■ What this task involves:
Look through the records below for the line holding "fuel ran out.". Write it out exactly, with each following line through the line holding "-- What the system".

■ Material shown:

═══

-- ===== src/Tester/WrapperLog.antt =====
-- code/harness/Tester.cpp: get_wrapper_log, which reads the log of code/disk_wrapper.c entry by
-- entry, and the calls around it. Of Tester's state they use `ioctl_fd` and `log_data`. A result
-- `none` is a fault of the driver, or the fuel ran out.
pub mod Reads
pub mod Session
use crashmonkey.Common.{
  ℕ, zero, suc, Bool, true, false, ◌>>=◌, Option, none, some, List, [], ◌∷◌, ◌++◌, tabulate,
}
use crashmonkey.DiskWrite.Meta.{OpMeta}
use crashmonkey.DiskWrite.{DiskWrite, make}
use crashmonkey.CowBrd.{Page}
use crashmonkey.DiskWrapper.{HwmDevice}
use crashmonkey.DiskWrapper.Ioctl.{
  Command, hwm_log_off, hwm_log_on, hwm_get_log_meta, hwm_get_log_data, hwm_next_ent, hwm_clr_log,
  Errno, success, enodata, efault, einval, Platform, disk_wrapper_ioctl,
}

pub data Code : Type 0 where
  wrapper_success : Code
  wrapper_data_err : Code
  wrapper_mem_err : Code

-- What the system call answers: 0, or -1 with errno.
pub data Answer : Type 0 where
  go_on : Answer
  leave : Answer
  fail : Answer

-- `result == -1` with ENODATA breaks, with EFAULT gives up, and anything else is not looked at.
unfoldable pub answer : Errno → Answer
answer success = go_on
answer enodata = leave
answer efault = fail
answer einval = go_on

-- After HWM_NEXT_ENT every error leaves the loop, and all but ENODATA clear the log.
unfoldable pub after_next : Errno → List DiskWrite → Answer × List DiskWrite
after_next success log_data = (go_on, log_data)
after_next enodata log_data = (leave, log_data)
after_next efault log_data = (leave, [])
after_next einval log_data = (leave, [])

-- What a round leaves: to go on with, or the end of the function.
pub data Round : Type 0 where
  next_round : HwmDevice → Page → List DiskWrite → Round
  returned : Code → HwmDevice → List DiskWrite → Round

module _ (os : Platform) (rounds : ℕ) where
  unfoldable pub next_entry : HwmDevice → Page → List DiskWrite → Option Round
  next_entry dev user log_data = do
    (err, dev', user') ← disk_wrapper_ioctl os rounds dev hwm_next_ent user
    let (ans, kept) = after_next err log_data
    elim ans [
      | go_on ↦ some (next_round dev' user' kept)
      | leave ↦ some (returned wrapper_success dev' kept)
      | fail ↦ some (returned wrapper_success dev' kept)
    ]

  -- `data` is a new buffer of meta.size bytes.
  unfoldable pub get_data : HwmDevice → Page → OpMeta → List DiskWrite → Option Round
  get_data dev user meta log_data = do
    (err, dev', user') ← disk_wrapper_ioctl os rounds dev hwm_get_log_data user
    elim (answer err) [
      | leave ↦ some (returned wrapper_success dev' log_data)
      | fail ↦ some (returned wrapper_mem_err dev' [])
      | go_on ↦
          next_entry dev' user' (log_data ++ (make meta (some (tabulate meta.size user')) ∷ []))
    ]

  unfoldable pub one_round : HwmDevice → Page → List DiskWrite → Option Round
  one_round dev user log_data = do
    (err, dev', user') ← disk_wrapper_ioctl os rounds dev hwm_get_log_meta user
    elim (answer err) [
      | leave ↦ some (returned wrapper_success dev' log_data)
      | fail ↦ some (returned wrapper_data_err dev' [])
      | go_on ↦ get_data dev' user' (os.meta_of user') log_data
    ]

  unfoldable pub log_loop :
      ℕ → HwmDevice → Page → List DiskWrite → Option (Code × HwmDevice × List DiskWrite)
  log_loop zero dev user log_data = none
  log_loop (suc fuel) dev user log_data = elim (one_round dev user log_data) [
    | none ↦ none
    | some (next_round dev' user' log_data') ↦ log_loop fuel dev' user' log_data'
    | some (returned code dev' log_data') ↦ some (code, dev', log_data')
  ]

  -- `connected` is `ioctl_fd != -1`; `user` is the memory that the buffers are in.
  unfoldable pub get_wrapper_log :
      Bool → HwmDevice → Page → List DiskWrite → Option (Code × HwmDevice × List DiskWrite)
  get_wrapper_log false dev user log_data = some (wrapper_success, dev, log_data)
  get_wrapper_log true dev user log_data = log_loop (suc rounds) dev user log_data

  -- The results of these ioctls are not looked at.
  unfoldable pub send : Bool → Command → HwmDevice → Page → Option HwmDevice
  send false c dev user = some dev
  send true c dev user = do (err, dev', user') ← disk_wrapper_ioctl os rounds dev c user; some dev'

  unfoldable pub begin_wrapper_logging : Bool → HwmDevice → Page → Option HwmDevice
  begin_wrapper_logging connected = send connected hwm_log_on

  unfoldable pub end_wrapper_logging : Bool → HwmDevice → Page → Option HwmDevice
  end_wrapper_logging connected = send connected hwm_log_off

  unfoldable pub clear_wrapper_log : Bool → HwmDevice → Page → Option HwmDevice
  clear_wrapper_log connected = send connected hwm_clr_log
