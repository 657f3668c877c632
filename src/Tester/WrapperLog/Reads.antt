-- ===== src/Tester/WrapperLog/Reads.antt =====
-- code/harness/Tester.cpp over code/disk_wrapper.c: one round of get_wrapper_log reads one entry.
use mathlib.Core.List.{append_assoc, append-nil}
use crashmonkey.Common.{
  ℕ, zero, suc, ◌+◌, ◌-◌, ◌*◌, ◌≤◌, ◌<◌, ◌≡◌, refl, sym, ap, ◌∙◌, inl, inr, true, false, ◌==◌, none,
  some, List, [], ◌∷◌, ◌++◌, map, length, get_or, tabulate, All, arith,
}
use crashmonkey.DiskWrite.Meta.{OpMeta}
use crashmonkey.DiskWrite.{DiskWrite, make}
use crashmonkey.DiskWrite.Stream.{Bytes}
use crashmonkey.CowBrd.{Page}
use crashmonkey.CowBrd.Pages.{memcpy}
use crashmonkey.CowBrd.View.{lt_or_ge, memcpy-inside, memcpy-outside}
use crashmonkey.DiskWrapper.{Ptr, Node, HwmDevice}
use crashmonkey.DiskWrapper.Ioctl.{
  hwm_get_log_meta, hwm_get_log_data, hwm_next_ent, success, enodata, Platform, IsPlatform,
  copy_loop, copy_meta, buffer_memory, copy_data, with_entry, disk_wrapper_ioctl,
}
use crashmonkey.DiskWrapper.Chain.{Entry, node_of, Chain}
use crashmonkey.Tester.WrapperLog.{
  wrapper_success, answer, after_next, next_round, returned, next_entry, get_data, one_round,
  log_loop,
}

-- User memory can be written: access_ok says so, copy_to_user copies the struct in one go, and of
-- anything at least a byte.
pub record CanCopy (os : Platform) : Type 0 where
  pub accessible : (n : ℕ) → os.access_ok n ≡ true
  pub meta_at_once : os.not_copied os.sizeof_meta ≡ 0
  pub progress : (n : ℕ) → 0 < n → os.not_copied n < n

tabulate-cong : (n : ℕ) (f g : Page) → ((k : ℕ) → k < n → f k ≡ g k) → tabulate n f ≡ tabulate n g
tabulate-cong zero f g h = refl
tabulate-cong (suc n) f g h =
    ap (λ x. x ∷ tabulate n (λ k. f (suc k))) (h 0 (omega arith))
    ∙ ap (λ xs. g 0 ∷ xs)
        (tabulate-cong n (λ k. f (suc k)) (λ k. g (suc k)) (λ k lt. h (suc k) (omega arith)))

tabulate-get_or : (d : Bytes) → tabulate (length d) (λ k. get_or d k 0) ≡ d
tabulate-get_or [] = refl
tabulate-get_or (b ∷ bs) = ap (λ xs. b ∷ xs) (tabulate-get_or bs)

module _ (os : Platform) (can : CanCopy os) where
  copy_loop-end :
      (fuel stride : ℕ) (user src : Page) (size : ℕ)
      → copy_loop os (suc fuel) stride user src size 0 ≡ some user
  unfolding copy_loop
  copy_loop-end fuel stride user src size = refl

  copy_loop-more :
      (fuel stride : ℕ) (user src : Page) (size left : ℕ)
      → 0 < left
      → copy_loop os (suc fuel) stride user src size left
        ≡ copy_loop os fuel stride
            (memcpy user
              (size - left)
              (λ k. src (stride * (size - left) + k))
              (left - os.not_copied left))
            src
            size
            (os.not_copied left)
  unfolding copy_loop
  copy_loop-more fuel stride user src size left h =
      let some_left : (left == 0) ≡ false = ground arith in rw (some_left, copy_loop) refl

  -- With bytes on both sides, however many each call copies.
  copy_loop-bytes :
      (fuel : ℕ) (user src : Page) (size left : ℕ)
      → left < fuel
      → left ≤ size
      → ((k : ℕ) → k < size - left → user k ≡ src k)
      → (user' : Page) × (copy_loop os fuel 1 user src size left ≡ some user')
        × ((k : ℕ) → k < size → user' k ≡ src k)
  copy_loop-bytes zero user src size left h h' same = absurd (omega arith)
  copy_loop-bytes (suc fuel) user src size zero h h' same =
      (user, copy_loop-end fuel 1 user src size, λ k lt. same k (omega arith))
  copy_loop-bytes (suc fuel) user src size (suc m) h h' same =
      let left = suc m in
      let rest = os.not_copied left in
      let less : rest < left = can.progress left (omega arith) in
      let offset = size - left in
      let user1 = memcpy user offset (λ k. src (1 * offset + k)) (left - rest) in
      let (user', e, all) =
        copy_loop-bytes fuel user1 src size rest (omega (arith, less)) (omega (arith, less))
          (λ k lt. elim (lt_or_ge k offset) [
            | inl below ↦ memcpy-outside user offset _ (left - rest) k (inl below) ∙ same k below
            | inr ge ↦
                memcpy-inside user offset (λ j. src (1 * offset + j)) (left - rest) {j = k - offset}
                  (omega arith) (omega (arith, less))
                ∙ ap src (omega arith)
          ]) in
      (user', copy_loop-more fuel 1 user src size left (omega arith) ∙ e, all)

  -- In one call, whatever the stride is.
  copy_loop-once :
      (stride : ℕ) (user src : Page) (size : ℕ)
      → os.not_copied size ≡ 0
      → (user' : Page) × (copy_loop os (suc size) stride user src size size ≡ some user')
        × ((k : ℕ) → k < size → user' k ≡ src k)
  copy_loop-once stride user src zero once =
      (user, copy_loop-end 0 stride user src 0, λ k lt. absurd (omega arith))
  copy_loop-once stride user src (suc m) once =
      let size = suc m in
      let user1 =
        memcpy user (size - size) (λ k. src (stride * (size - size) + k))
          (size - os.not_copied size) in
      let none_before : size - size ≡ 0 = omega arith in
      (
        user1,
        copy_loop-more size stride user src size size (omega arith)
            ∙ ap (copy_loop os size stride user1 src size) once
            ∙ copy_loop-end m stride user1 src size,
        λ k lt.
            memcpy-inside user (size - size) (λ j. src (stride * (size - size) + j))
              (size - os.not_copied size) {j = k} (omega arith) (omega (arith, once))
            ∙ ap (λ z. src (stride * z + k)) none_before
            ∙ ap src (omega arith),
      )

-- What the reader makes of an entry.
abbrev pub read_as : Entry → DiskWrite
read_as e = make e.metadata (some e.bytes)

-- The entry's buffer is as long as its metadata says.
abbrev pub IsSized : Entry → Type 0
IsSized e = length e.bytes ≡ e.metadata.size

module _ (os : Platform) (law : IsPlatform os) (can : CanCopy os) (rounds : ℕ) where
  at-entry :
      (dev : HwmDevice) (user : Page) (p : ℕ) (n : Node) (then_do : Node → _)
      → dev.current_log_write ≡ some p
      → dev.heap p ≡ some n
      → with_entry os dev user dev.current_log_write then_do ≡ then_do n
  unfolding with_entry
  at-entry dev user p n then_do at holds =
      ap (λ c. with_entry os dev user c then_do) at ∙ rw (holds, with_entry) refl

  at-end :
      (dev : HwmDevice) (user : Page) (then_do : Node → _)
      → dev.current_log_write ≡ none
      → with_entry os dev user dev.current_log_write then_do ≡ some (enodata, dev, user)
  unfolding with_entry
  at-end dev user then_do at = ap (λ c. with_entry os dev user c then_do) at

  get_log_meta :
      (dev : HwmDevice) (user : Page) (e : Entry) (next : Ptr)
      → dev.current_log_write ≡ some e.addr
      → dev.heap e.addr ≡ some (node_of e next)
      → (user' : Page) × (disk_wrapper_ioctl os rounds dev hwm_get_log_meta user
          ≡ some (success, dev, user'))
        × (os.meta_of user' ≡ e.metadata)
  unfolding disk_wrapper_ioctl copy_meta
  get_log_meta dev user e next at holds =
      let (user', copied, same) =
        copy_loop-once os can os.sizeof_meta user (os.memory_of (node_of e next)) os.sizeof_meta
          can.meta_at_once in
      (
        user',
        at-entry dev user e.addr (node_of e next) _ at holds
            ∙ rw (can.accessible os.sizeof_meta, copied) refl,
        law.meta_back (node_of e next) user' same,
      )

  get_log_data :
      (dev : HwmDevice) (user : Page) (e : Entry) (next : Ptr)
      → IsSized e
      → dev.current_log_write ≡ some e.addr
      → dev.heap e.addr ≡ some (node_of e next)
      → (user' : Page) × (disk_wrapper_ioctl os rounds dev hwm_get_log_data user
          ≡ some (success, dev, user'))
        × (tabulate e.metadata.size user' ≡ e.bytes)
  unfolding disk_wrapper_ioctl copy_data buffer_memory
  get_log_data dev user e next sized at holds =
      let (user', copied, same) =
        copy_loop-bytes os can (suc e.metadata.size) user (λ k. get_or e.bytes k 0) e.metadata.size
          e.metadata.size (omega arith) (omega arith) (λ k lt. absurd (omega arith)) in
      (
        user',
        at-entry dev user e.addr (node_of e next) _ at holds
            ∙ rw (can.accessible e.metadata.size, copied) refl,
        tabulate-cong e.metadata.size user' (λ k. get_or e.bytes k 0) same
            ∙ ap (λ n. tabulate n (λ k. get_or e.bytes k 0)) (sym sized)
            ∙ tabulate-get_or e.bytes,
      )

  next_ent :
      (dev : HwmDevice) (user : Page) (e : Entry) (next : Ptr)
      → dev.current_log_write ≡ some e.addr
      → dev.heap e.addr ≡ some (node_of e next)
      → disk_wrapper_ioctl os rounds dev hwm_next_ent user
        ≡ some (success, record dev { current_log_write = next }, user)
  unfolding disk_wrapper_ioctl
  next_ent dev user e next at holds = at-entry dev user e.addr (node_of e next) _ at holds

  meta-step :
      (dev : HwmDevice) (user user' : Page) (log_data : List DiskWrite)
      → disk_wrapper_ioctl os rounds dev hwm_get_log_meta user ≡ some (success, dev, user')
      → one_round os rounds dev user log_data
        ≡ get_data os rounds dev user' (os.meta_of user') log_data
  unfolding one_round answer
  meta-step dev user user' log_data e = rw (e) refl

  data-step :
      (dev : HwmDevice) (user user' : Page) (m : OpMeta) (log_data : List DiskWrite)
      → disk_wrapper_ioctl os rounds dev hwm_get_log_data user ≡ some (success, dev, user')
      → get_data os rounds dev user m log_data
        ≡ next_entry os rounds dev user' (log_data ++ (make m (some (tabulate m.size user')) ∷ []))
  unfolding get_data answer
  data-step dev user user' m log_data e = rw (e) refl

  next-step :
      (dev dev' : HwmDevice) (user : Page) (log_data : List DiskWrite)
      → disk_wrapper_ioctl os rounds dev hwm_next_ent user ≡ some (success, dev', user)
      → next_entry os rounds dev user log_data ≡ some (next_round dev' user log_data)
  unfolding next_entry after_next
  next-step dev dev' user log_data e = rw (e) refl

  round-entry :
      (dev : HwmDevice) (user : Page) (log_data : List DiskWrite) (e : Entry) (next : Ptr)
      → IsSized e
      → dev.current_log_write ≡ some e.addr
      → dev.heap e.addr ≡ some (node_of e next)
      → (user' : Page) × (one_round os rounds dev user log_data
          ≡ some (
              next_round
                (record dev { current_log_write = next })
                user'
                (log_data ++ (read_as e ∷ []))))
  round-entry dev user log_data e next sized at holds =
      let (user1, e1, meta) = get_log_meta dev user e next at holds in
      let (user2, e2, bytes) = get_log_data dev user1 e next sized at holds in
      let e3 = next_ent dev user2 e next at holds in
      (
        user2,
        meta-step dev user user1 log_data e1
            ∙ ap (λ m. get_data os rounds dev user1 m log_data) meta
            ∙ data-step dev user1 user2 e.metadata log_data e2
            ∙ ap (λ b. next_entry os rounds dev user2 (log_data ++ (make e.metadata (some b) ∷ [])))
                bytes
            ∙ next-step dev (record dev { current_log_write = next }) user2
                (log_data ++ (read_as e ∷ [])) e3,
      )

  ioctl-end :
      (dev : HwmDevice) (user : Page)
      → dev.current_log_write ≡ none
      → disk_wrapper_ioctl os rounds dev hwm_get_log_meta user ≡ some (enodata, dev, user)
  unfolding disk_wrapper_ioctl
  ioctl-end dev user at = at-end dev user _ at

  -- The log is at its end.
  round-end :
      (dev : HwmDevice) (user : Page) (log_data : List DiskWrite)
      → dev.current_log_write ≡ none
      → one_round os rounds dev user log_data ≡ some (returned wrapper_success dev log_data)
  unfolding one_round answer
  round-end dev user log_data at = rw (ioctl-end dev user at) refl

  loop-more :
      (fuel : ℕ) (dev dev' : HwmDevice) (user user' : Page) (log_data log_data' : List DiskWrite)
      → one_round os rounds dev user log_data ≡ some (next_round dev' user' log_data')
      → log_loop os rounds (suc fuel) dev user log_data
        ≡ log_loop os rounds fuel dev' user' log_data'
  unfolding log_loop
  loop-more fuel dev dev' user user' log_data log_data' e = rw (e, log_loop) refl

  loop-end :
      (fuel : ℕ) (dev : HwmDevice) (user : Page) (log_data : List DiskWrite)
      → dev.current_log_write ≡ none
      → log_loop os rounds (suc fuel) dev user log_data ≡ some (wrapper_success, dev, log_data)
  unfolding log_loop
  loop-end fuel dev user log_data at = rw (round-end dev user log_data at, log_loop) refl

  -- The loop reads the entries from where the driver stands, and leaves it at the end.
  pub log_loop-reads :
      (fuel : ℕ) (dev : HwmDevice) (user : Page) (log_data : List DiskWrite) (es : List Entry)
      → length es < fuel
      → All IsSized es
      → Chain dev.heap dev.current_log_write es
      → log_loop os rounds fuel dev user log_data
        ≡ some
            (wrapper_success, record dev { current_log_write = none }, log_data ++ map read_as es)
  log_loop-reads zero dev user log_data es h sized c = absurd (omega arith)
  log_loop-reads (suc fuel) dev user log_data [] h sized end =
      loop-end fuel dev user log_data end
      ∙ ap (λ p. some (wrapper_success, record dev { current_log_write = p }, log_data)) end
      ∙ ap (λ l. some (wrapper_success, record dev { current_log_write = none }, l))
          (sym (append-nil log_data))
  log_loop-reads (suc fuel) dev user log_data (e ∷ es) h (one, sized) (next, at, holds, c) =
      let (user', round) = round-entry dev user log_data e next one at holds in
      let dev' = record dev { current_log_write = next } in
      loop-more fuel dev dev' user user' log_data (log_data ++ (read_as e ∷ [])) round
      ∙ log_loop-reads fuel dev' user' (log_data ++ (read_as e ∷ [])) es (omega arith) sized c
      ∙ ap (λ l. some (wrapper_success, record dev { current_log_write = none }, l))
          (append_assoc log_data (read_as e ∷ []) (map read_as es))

═══

■ Result for this exercise:
-- `none` is a fault of the driver, or the fuel ran out.
pub mod Reads
pub mod Session
use crashmonkey.Common.{
  ℕ, zero, suc, Bool, true, false, ◌>>=◌, Option, none, some, List, [], ◌∷◌, ◌++◌, tabulate,
}
use crashmonkey.DiskWrite.Meta.{OpMeta}
use crashmonkey.DiskWrite.{DiskWrite, make}
use crashmonkey.CowBrd.{Page}
use crashmonkey.DiskWrapper.{HwmDevice}
use crashmonkey.DiskWrapper.Ioctl.{
  Command, hwm_log_off, hwm_log_on, hwm_get_log_meta, hwm_get_log_data, hwm_next_ent, hwm_clr_log,
  Errno, success, enodata, efault, einval, Platform, disk_wrapper_ioctl,
}

pub data Code : Type 0 where
  wrapper_success : Code
  wrapper_data_err : Code
  wrapper_mem_err : Code

-- What the system call answers: 0, or -1 with errno.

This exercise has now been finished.